Хозяйка избы его, тем временем, чем-то отпаивала, сначала избавив от икоты, потом от трясучки. Штаны дала сухие, чтобы Вася смог зассаные джинсы снять. Кучу не наложил и то отлично. Сумку отнять пыталась, но он устоял, не отдал. Там хлеб, без хлеба мать дома голову оторвет. Еще Вася спал, потом снова что-то пил, снова спал, цеплялся за сумку с хлебом, а потом опять пил и спал. Так бы и счет времени потерял, но спасибо новому фитнес-браслету, который услужливо сообщил, что четверо суток тут уже Вася пьет, спит, за хлеб держится и периодами выходит на двор выпитое отлить. Выйдет, а там эти чудовища сидят на заборе. Тела огромные, птичьи, а на них головы женские на длинных изящных шеях, украшениями завешенных. Груди еще выпирающие, перьями полуприкрытые, на дамский пол в них не слегка указывают. Хихикают злобно, переговариваются на своем получирикающем. Бред да и только! Необъяснимый. Вспомнил было Вася, что защита диплома у него буквально послезавтра, но мысль издохла так же быстро, как выплыла на поверхность. До того ли!

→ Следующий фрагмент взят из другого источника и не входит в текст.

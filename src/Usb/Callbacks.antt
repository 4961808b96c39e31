-- ===== src/Usb/Callbacks.antt =====
-- The callbacks of src/usb_async.cpp, and the thread that makes libusb call them.
use libhdcp.Base.{
  ℕ, true, false, Result, ok, err, List, [], ◌∷◌, Option, some, none, transport_code, other,
  Exception, packet_error, transport_error, read_queue_full, libusb_error, TransportErrc, is_ok,
  if◌then◌else◌,
}
use libhdcp.Base.State.{M, pure, throw, modify, lift, gets, ◌>>=◌, ◌>>◌}
use libhdcp.Interfaces.{Thread}
use libhdcp.Packet.Parse.{Packet, from_view}
use libhdcp.Queues.{PacketQueue}
use libhdcp.Usb.Libusb.{Libusb, Status, completed, cancelled, timed_out, unknown}
use libhdcp.Usb.Device.{WTransfer, without}
use libhdcp.Usb.Device

-- What libusb calls: which callback, with the status and, for a read, the bytes in the buffer.
pub data Callback : Type 0 where
  on_write : ℕ → Status → Callback
  on_read : ℕ → Status → List ℕ → Callback

module _ (H : Thread) (Q : PacketQueue) (L : Libusb) where
  abbrev pub Dev : Type 0
  Dev = Device.Device H Q L

  -- `catch (std::exception& e)` of a callback: the exception is kept for the thread.
  unfoldable pub keep : Result (Unit {0}) × Dev → Dev
  keep (ok u, s) = s
  keep (err e, s) = record s { eptr = some e }

  -- The next packet is sent, or the transfer is put on hold.
  unfoldable pub send_next : Option Packet → WTransfer → M Dev (Unit {0})
  unfolding Device.send
  send_next (some p) w = Device.send H Q L p w
  send_next none w = modify (λ s. record s { wtransfer = some (record w { in_progress = false }) })

  unfoldable pub write_completed : M Dev (Unit {0})
  unfolding send_next
  write_completed = do
    p ← gets (λ s. (Q.try_dequeue s.write_queue).0)
    modify (λ s. record s { write_queue = (Q.try_dequeue s.write_queue).1 })
    w ← gets (λ s. s.wtransfer) >>= Device.follow H Q L
    send_next p w

  -- The `switch` of `write_cb`; `notify_cancelled` ends the wait of `cancel`.
  unfoldable pub write_ended : Status → M Dev (Unit {0})
  unfolding write_completed
  write_ended completed = write_completed
  write_ended cancelled = pure tt
  write_ended unknown = pure tt
  write_ended status = throw (libusb_error (L.status_code status))

  unfoldable pub write_cb : Status → Dev → Dev
  unfolding write_ended keep
  write_cb status s = keep (write_ended status s)

  -- The other transfer is submitted, and the two pointers change places.
  unfoldable pub exchange : M Dev (Unit {0})
  unfolding Device.submit
  exchange = do
    tmp ← gets (λ s. s.rtransfer_curr)
    modify (λ s. record s { rtransfer_curr = s.rtransfer_prev })
    c ← gets (λ s. s.rtransfer_curr) >>= Device.follow H Q L
    Device.submit H Q L c
    modify (λ s. record s { rtransfer_prev = tmp })

  -- `read_queue_.try_enqueue(std::string_view(...))`: a packet is made of the bytes; it is dropped
  -- if the queue does not take it.
  unfoldable pub take_bytes : List ℕ → M Dev (Unit {0})
  take_bytes bytes = do
    p ← lift (from_view bytes)
    modify (λ s. record s { read_queue = (Q.try_enqueue p s.read_queue).1 })

  -- The `switch` of `read_cb`.
  unfoldable pub read_ended : Status → List ℕ → M Dev (Unit {0})
  unfolding exchange take_bytes
  read_ended completed bytes = do exchange; take_bytes bytes
  read_ended cancelled bytes = pure tt
  read_ended timed_out bytes = exchange
  read_ended unknown bytes = pure tt
  read_ended status bytes = throw (libusb_error (L.status_code status))

  unfoldable pub read_cb : Status → List ℕ → Dev → Dev
  unfolding read_ended keep
  read_cb status bytes s = keep (read_ended status bytes s)

  -- A transfer that has ended is not in flight when its callback is called.
  unfoldable pub call_back : Callback → Dev → Dev
  unfolding write_cb read_cb
  call_back (on_write i status) s = write_cb status (record s { in_flight = without i s.in_flight })
  call_back (on_read i status bytes) s =
      read_cb status bytes (record s { in_flight = without i s.in_flight })

  -- `libusb_handle_events`
  unfoldable pub call_all : List Callback → Dev → Dev
  unfolding call_back
  call_all [] s = s
  call_all (c ∷ cs) s = call_all cs (call_back c s)

  -- The end of `run` after its loop: `close`, and what is thrown is told by the error.
  unfoldable pub leave : Dev → Dev
  unfolding Device.close
  leave s =
      let out = record s { looping = false } in
      let closed = Device.close H Q L out in
      if is_ok closed.0 then closed.1 else record closed.1 { errc = transport_code other }

  unfoldable pub leave_with : TransportErrc → Dev → Dev
  unfolding leave
  leave_with e s = leave (record s { errc = transport_code e })

  -- The `catch` clauses in the loop of `run`.
  unfoldable pub caught : Exception → Dev → Dev
  unfolding leave_with
  caught (packet_error e) s = s
  caught (transport_error read_queue_full) s = s
  caught (transport_error e) s = leave_with e s
  caught _ s = leave_with other s

  unfoldable pub rethrow : Option Exception → Dev → Dev
  unfolding caught
  rethrow none s = s
  rethrow (some e) s = caught e s

  -- One round of the loop of `run`.
  unfoldable pub run_round : List Callback → Dev → Dev
  unfolding call_all rethrow leave
  run_round cs s =
      let t = call_all cs (record s { eptr = none }) in
      if H.is_running s.thread then rethrow t.eptr t else leave s

  -- `run` up to its loop: the first read is submitted.
  unfoldable pub begin_run : Dev → Dev
  unfolding Device.submit
  begin_run s =
      let first =
        (do c ← gets (λ s. s.rtransfer_curr) >>= Device.follow H Q L; Device.submit H Q L c) s in
      if is_ok first.0
      then record first.1 { looping = true }
      else record first.1 { errc = transport_code other }

  unfoldable pub start : M Dev (Unit {0})
  unfolding Device.open_transport begin_run
  start s =
      if H.is_running s.thread
      then (ok tt, s)
      else (do
        Device.open_transport H Q L
        modify (λ s. begin_run (record s { thread = H.start s.thread })))
          s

На четвертый день окончательно Василий утвердился, что не умер он. И что даже не пребывает в наркотическом опьянении, и что не в коме лежит, и не стал жертвой какого-то странного оружия, которое психику человеку ломает. Вот только что с ним такое случилось – совершенно непонятно. Избушка вовсе даже не на курьих ногах, обычные столбы, только что мхом поросли. Вокруг избушки целый двор, где у чудовищ отдельная жилая площадь, а еще есть амбар, баня. Забор крепкий вокруг, частоколом стоит. Все самое обычное, такого, поди, нынче запросто отыскать можно, аутентичность в моде. В избе Василий даже телевизор видел. Странной, правда, формы, но гнал нетфликсовского «Ведьмака». При этом, вокруг электрических проводов нет, в доме ни одной розетки или лампочки, свет от керосинки, вместо плиты – печь. Огромная, с пастью, он такую на картинках в сказке про волшебную щуку видел. Еще пятеро мутантов не вписывались в общую рациональную картину. Сидели на заборе, одна краше другой. Все холеные, с кучей драгоценностей на красивых женских головах. Но тело-то точно птичье!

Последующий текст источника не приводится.